*PROMPT*
When you reach the line containing "widened with its", include it and stop; until then, return each line of the material exactly, starting with the first.

==== TASK INPUT ====

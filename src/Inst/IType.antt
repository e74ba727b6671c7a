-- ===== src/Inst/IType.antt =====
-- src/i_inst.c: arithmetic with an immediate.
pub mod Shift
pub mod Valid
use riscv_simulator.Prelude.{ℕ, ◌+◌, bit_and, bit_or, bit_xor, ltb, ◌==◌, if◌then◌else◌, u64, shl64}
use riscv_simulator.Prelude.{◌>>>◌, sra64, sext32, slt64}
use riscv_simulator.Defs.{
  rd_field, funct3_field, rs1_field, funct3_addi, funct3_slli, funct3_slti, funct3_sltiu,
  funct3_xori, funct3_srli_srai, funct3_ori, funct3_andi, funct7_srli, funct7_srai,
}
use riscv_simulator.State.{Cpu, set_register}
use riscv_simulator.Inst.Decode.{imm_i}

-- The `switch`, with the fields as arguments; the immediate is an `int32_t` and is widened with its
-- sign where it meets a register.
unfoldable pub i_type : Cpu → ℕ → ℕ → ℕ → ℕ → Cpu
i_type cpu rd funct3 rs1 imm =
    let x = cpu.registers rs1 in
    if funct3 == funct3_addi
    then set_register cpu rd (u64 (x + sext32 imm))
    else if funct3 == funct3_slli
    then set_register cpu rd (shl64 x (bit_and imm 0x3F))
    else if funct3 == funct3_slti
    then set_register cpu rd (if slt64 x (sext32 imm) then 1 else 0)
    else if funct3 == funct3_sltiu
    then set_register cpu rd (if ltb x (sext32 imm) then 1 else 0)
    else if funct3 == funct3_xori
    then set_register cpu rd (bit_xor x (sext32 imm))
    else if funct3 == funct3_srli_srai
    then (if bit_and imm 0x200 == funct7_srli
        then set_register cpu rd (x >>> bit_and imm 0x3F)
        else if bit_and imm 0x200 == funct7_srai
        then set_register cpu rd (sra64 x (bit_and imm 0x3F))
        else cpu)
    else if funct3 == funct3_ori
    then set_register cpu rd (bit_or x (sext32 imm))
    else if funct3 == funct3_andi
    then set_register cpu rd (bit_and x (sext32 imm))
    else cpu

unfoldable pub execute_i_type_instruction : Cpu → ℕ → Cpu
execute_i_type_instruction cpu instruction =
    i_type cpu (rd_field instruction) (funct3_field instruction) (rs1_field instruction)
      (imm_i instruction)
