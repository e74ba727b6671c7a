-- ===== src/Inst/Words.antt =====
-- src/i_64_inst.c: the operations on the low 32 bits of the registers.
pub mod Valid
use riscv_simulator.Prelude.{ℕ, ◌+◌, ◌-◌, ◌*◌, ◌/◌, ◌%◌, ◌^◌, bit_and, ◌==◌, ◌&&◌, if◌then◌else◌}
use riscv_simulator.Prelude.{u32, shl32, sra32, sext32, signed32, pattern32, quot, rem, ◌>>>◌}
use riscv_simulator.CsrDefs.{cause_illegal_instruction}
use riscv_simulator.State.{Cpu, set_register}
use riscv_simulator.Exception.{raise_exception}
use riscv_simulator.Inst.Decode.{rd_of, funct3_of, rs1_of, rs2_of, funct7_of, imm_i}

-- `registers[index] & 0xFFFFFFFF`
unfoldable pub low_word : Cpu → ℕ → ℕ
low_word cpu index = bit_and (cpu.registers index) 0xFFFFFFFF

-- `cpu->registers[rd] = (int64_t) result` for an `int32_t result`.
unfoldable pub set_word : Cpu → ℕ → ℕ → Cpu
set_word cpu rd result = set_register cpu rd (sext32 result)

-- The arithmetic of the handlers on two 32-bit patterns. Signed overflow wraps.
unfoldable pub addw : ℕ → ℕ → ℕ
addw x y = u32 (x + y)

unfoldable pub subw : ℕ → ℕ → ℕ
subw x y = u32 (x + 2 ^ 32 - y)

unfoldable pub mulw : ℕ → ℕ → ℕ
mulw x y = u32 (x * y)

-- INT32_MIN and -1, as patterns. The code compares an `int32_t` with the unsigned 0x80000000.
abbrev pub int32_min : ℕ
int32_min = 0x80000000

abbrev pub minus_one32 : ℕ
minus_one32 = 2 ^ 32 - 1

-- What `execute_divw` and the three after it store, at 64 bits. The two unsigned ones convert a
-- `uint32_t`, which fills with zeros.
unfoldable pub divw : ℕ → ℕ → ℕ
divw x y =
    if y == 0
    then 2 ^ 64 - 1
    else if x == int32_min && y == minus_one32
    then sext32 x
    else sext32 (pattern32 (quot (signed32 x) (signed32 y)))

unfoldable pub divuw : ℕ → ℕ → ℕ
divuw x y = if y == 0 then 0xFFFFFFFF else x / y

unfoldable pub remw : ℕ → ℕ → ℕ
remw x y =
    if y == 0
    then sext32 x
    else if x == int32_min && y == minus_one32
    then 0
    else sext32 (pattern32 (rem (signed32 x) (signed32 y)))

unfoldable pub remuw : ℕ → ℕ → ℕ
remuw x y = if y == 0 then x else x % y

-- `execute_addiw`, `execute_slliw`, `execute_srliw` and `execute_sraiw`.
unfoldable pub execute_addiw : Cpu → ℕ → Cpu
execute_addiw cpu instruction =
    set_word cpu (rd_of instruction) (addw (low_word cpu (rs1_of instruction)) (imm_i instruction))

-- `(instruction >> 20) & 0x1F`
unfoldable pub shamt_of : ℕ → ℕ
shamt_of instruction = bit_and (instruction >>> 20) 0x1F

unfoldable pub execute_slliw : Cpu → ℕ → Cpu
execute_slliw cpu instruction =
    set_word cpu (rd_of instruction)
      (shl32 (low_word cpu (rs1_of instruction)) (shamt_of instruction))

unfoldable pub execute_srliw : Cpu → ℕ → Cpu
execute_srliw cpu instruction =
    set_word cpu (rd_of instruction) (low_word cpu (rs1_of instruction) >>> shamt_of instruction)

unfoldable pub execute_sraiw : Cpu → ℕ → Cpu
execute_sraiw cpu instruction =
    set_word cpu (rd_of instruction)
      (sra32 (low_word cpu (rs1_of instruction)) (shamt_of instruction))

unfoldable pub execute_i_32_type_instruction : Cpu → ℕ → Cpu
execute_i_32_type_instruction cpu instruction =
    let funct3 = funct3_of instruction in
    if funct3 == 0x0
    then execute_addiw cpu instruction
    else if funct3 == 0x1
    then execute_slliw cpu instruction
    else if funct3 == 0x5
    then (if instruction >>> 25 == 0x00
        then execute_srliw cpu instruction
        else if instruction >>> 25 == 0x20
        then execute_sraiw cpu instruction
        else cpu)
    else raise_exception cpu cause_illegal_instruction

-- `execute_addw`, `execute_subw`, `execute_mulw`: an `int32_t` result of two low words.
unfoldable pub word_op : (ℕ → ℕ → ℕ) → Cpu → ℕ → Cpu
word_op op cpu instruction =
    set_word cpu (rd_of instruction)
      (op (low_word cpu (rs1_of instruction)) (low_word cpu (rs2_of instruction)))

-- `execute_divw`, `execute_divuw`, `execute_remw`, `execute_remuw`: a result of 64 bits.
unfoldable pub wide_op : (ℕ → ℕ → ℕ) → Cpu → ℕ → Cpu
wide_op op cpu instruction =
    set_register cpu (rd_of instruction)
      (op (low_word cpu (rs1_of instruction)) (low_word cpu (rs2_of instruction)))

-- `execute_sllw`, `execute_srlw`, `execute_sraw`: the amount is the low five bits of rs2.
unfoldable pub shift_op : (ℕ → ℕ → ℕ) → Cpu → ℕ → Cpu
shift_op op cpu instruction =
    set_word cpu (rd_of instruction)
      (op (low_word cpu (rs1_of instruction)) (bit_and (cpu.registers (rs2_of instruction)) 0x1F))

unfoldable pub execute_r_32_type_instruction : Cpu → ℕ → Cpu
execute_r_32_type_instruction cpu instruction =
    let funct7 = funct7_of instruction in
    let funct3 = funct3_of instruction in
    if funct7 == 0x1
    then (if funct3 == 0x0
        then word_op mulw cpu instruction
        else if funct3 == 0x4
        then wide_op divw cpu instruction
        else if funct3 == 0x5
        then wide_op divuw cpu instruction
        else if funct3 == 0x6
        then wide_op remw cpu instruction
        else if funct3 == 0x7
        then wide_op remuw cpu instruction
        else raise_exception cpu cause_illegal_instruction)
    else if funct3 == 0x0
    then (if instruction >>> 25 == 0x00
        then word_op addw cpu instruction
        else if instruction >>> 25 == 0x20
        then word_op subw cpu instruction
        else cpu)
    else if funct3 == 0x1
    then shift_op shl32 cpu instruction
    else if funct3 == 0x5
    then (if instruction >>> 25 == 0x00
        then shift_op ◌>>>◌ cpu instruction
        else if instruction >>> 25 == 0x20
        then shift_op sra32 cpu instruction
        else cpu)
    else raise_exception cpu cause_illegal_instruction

====

*WORKED SOLUTION*
filename src/Inst/IType.antt
repository e74ba727b6671c7a
-- ===== src/Inst/IType.antt =====
-- src/i_inst.c: arithmetic with an immediate.
pub mod Shift
pub mod Valid
use riscv_simulator.Prelude.{ℕ, ◌+◌, bit_and, bit_or, bit_xor, ltb, ◌==◌, if◌then◌else◌, u64, shl64}
use riscv_simulator.Prelude.{◌>>>◌, sra64, sext32, slt64}
use riscv_simulator.Defs.{
  rd_field, funct3_field, rs1_field, funct3_addi, funct3_slli, funct3_slti, funct3_sltiu,
  funct3_xori, funct3_srli_srai, funct3_ori, funct3_andi, funct7_srli, funct7_srai,
}
use riscv_simulator.State.{Cpu, set_register}
use riscv_simulator.Inst.Decode.{imm_i}

-- The `switch`, with the fields as arguments; the immediate is an `int32_t` and is widened with its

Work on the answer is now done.